当該従業員に確認したところ、悪意ある第三者から虚偽の送金指示があり、それに従い外部口座への送金を行っていたことが判明したそうです。従業員は21日の送金完了後、指示が虚偽であり、犯罪に巻き込まれた可能性が高いと考え、警察へ連絡したといいます。
はてなでは被害確認後、警察に相談するとともに、関係金融機関に事故を報告。被害回復に向けた措置を講じているとしています。また、代表取締役を中心とする対策本部を設置し、弁護士など外部専門家による事実関係の調査も進めているとのことです。
なお、個人情報および顧客情報の流出については、従業員のPC操作ログなどを解析しているものの、現時点では確認されていないとのこと。引き続き、外部専門家とともに詳細な調査を続けるとしています。
業績への影響については、今後の捜査や回収状況によって損失額が変動する可能性があるため、確定後に特別損失として計上する予定です。通期業績予想への影響は現在精査中としています。

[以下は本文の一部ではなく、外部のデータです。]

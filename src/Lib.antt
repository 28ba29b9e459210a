-- ===== src/Lib.antt =====
-- Foxrouters: a gateway between clients that speak the chat completion interface and two
-- families of upstreams, Grok and CodeBuddy.
--
-- A request passes the middlewares, which take its key from a header or a session cookie, and the
-- handler ProxyRequest. The handler rewrites the model of the body: an alias or a custom model, then a
-- combo (a virtual model that stands for a list of models), then an alias or a custom model again,
-- then the aliases of Grok with a reasoning effort. It checks the whitelist of the key and calls an
-- upstream, or one model of a fallback combo after the other. The upstreams ask their circuit breaker
-- before a call and report to it after one, go through the pool of proxies, and try one key or account
-- after the other. HandleMessages serves the Messages interface of Anthropic: it translates a request,
-- calls ProxyRequest, and translates the answer, whole or event by event. The dashboard changes keys,
-- combos, custom models and proxies, behind a login with a limiter and a store of sessions.
--
-- Files, and the code they model:
--   Prelude        the names all parts share: Boolean tests, lists, texts, maps, signed integers
--   Names          internal/proxy/validate.go, validateName
--   Combo          internal/proxy/combo.go, ComboRegistry, with the rows of internal/db/db.go
--   Custom         internal/proxy/custom.go, CustomRegistry
--   Auth           internal/auth/auth.go: the record of a key, MatchModel, IsModelAllowed, MaskKey
--   Auth.Manager   the methods of Manager
--   Auth.Gate      AuthMiddleware and AdminMiddleware
--   Route          internal/proxy/proxy.go, the rewriting of the model and the closure dispatch, with
--                  ExpandGrokAlias and IsGrokModel of internal/upstream/grok.go
--   Route.Handler  ProxyRequest as a whole
--   Circuit        internal/upstream/health.go: RecordRequest, CanRequest, checkGrok and checkCB
--   Login          login_limiter.go
--   Session        internal/auth/session_store.go
--   Csrf           csrf_guard.go
--   KeyApi         internal/handlers/handlers.go, HandleDeleteKey and HandleUpdateKey
--   Anthropic.Stream  internal/handlers/anthropic.go, streamWriter: the events it sends; Stream.Chunks
--                  has what a chunk does, and Stream.Bytes the lines; Stream.Grammar is the protocol
--                  of the events on its own
--   Anthropic.Request   the messages and their translation; Request.Body has the model, the tools and
--                  the whole body, and AnthropicAuthMiddleware
--   Anthropic.Captured  extractFromCapturedBody and extractUpstreamErrorMessage
--   Anthropic.Handler   HandleMessages
--   Upstream       internal/upstream/upstream.go, getClient and markProxyResult
--   Codebuddy      internal/upstream/codebuddy.go: the keys and CBKeyManager; Codebuddy.Proxy has the
--                  attempts of ProxyCodeBuddy, and Codebuddy.Events runs of the manager
--   Pool           internal/proxy/pool.go: entries, their validation and the state of the pool;
--                  Pool.Operations has the methods of the dashboard, Pool.Traffic those of requests
--   Grok           internal/upstream/grok.go: the accounts and GrokAccountManager; Grok.Proxy has the
--                  attempts of ProxyGrok
-- The modules below these hold the theorems, and Tests runs at concrete inputs.
--
-- How the code is read:
--   - A method that changes its receiver becomes a function from the state to the state and the result.
--     Most methods hold their lock from the first read to the last write and are one step; sequences
--     of steps are lists of events or operations. A handler calls several methods; here it runs
--     without another one between its calls.
--   - A Go string is the list of its bytes. A map is a list of entries with a write in place, and the
--     order of the list stands for the order of a range.
--   - What Redis, the upstreams, the random numbers and the clock answer is an argument of the method
--     that asks. `none` is an error.
--   - An int or int64 that can be negative or wrap is a ℤ, with the wrap-around written out; a uint64
--     is reduced modulo 2 ^ 64. Counters of requests and failures are natural numbers, which is exact
--     below 2 ^ 63. Times are nanoseconds.
--   - An index out of range and a write to a nil map are results of their own (panic, panicked).
--   - The retry loop of a combo is structural on the list of models, and the loops over the keys of
--     CodeBuddy and the accounts of Grok are structural on the number of attempts, which is the number
--     of keys or accounts as in the code.
--   - A float64 is a type parameter with the operations that the code applies to it. What
--     json.Unmarshal reads from a text is an argument, or a data type of what it may read.
--   - strings.ToLower leaves runes that are not ASCII alone, but for the two that turn into ASCII
--     letters; a pattern of package regexp is a test of each byte.
--
-- Not modelled: the bodies of the answers of the upstreams on their way through ProxyGrok and
-- ProxyCodeBuddy, the writes to Redis after a change of a key of CodeBuddy or an account of Grok, the
-- background workers, the stores of logs, the metrics, the tunnels and the pages of the dashboard,
-- which are input and output; the token bucket of internal/ratelimit, whose arithmetic is in floating
-- point; the bootstrap of keys and accounts from files and the environment.
pub mod Prelude
pub mod Names
pub mod Combo
pub mod Custom
pub mod Auth
pub mod Route
pub mod Circuit
pub mod Login
pub mod Pool
pub mod Session
pub mod Csrf
pub mod KeyApi
pub mod Anthropic
pub mod Upstream
pub mod Codebuddy
pub mod Grok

手元の運転資金については、十分な流動性を確保しており、本件によって事業運営や資金繰りに支障をきたすものではないと説明。株主や投資家をはじめ、関係者に迷惑と心配をかけたとして謝罪しています。
■ 企業を狙う虚偽の送金指示、相次ぐ被害に注意
今回のようなケースは、いわゆる「ビジネスメール詐欺」や「なりすまし指示」に近い手口とみられます。警察庁でも2026年2月、「ニセ社長詐欺」として注意を呼びかけています。

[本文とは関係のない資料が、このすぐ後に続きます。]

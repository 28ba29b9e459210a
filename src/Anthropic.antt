-- ===== src/Anthropic.antt =====
-- internal/handlers/anthropic.go: the Messages interface of Anthropic over chat completions.
pub mod Stream
pub mod Request
pub mod Captured
pub mod Handler
mod Tests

手口は、会社の代表者や上司などを名乗る人物からメールが届くことから始まります。その後、「急ぎの要件がある」などとして、LINEなどのSNSグループを作成するよう指示。さらに、送金権限を持つ担当者を招待させ、緊急の支払いなどを理由に、指定口座への送金を求めるというものです。
はてなの発表では、この手口に該当するかどうかまでは明らかにされていません。ただ、年明け以降、法人を狙った同種の被害は相次いでおり、NHKなどの報道によると、2026年2月末までの2か月間で被害総額は20億円余りに上ったとされています。企業を狙った同様の手口には、引き続き注意が必要です。
<参考・引用>
株式会社はてな:IRニュース「資金流出事案の発生に関するお知らせ」(4月24日)
警察庁:法人を対象とした詐欺(ニセ社長詐欺)に注意!(2月13日)
NHK:「ニセ社長詐欺」全国で20億円被害 企業狙う手口に注意を(4月15日)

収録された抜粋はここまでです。